New India Assurance Health Insurance Claim Settlement Ratio (CSR)
The percentage of claims resolved by the company to all claims received during a financial year is known as the claim settlement ratio of New India Assurance health insurance. It is determined by dividing the entire amount of claims submitted by the overall number of claims that were successfully settled. The claim settlement ratio for New India Assurance for the fiscal year 2020–2021 was 4.45% for claims settled in more than three months and 91.99% for claims completed in less than three months.
New India Health Insurance Claim Settlement FAQs
1. How many different methods does New India Assurance provide claim settlement?
You have the option of using the cashless and reimbursed methods provided by the New India health insurance claim settlement ratio.
2. Can my claim request to New India Assurance be denied in any circumstances?
Yes. If the terms and circumstances of the policy you are insured under and the foundation of your claims don't line up, your request for a claim may be approved or refused.
3. How can I get in contact with the New India Assurance authorities regarding my claim status?
You can use the official website of New India Assurance and use the contact us tab to call on the toll-free 1800-209-1415 number provided to you or email the company through tech.support@newindia.co.in for the New India Assurance health insurance claim ratio. The company also has a section to fill in a short form with your name and phone number and the comment regarding your queries, for even easier access to the company.
4. What replacement obligations are there if the claimant misplaces the original New India Assurance policy document?

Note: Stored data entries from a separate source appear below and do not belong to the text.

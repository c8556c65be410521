-- ===== src/Tests/UserRank.antt =====
-- The links between users: a closed chain, and instances of the theorems about the links and the ranks.
use crowdspider.Base.{
  ◌+◌, ◌-◌, ◌*◌, ltb, List, Bytes, ℕ, ◌≡◌, ◌⊎◌, inl, inr, refl, some, none, [], ◌∷◌, bytes_eq,
  codes, arith,
}
use crowdspider.UserRank.Build.{
  Num, add_lines, add_line, count_up, add_friends, source_of, friends, friends_part, Ranks,
  build_matrix, new_ranks,
}
use crowdspider.UserRank.Build.Lines.{print_friends, friends-print}
use crowdspider.UserRank.Build.Users.{Linked}
use crowdspider.UserRank.Build.Whole.{mentions, mentions_in, build_matrix-Linked}
use crowdspider.UserRank.Compute.{spread, round, diff, start, zeros_of, compute_user_rank}
use crowdspider.UserRank.Compute.Known.{keys, In}
use crowdspider.UserRank.Compute.Round.{ranked}
use crowdspider.UserRank.Compute.Loop.{rounds, after, compute_user_rank-ranked}
use crowdspider.UserRank.{
  on_stack, UserIdent, Map, find, only, next_of, add_link, cut_loops, check_matrix_self_loop,
}
use crowdspider.UserRank.Loops.{
  Ends, stops, goes, Hole, cut_loops-Ends, check_matrix_self_loop_fault,
}

abbrev ann : UserIdent
ann = codes "a"

abbrev bob : UserIdent
bob = codes "b"

-- Two users with a link to each other, and a third with a link to one of them
abbrev closed : Map (Map ℕ)
closed = (ann, (bob, 1) ∷ []) ∷ (bob, (ann, 1) ∷ []) ∷ (codes "c", (ann, 1) ∷ []) ∷ []

added :
    (add_link 0
      (add_link 0
        (add_link 0 (record { first_rank = []; matrix = [] }) (codes "c") ann 1)
        bob
        ann
        1)
      ann
      bob
      1).matrix
    ≡ closed
unfolding add_link bytes_eq
added = refl

ann_next : next_of closed ann ≡ some bob
unfolding next_of find only bytes_eq
ann_next = refl

bob_next : next_of closed bob ≡ some ann
unfolding next_of find only bytes_eq
bob_next = refl

closed_goes_on : (x : UserIdent) → Ends closed x → (x ≡ ann) ⊎ (x ≡ bob) → ⊥
closed_goes_on x (stops e) (inl p) = ground (arith, ann_next)
closed_goes_on x (stops e) (inr p) = ground (arith, bob_next)
closed_goes_on x (goes {y} e s) (inl p) = closed_goes_on y s (inr (ground (arith, ann_next)))
closed_goes_on x (goes {y} e s) (inr p) = closed_goes_on y s (inl (ground (arith, bob_next)))

cut_loops-Ends_example :
    (m1 : Map (Map ℕ)) × (cut_loops closed ≡ some m1)
    × ((x : UserIdent) → Ends m1 x)
    × ((m1 ≡ closed) ⊎ Hole m1)
cut_loops-Ends_example = cut_loops-Ends closed

check_matrix_self_loop_fault_example : check_matrix_self_loop closed ≡ none
check_matrix_self_loop_fault_example =
    check_matrix_self_loop_fault closed ann (λ s. closed_goes_on ann s (inl refl))

-- Numbers for the runs
abbrev nat_num : Num ℕ
nat_num = record {
  zero_rank = 0;
  one = 1;
  eps = 100;
  add = λ a b. a + b;
  sub = λ a b. a - b;
  mul = λ a b. a * b;
  div = λ a b. a;
  of_size = λ n. n;
  gt = λ a b. ltb b a;
}

friends-print_example :
    (source_of (codes "a:b cc d") ≡ codes "a")
    × (friends [] (friends_part (codes "a:b cc d")) ≡ codes "b" ∷ codes "cc" ∷ [])
unfolding print_friends
friends-print_example =
    friends-print (codes "a") (codes "b" ∷ codes "cc" ∷ []) (codes "d") (omega arith, tt)
      ((omega arith, tt), (((omega arith, (omega arith, tt))), tt)) (omega arith, tt)

abbrev lines : List Bytes
lines = codes "a:b c " ∷ codes "b:a " ∷ []

build_matrix-Linked_example :
    (r : Ranks ℕ) × (build_matrix nat_num lines (new_ranks nat_num 1) ≡ some r) × Linked r.links
unfolding mentions mentions_in friends friends_part
build_matrix-Linked_example = build_matrix-Linked nat_num lines 1 (omega arith)

-- The users of two lines, with the ranks that build_matrix gives them
abbrev three_users : Ranks ℕ
three_users = record {
  total_doc_num = 3;
  links = record {
    first_rank = (ann, 1) ∷ (bob, 1) ∷ (codes "c", 1) ∷ [];
    matrix = (ann, (bob, 1) ∷ (codes "c", 1) ∷ []) ∷ (bob, (ann, 1) ∷ []) ∷ [];
  };
  alpha = 1;
  beta = 1;
  indegree = (ann, 2) ∷ (bob, 2) ∷ (codes "c", 1) ∷ [];
}

built : build_matrix nat_num lines (new_ranks nat_num 1) ≡ some three_users
unfolding build_matrix bytes_eq add_lines add_line count_up new_ranks add_friends add_link
built = refl

compute_user_rank-ranked_example :
    (ranks : Map ℕ) × (compute_user_rank nat_num 5 three_users ≡ some ranks)
    × (keys ranks ≡ keys three_users.links.first_rank)
    × ((u : UserIdent)
        → In u (keys ranks)
        → find u ranks
          ≡ some (
              ranked nat_num three_users
                (zeros_of nat_num three_users)
                (after nat_num 0 three_users).1
                u))
unfolding keys on_stack diff rounds round start zeros_of bytes_eq spread
compute_user_rank-ranked_example =
    compute_user_rank-ranked nat_num three_users 0 5
      ((refl, (refl, (refl, tt))), ((refl, (refl, tt)), tt)) (λ k h. absurd (omega arith)) refl
      (omega arith)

The policyholder must provide the indemnity bond for lack of policy paper, which must be printed on 200-rupee stamp paper and properly notarized if they have lost their original New India Assurance policy bond.
5. How many network hospitals do I have access to for cashless claims under New India Assurance?
New India Assurance gives you access to approx 3000+ network hospitals under all their coverages. Admitting into one of these hospitals while having a New India Assurance health insurance automatically gives you access to cashless claims.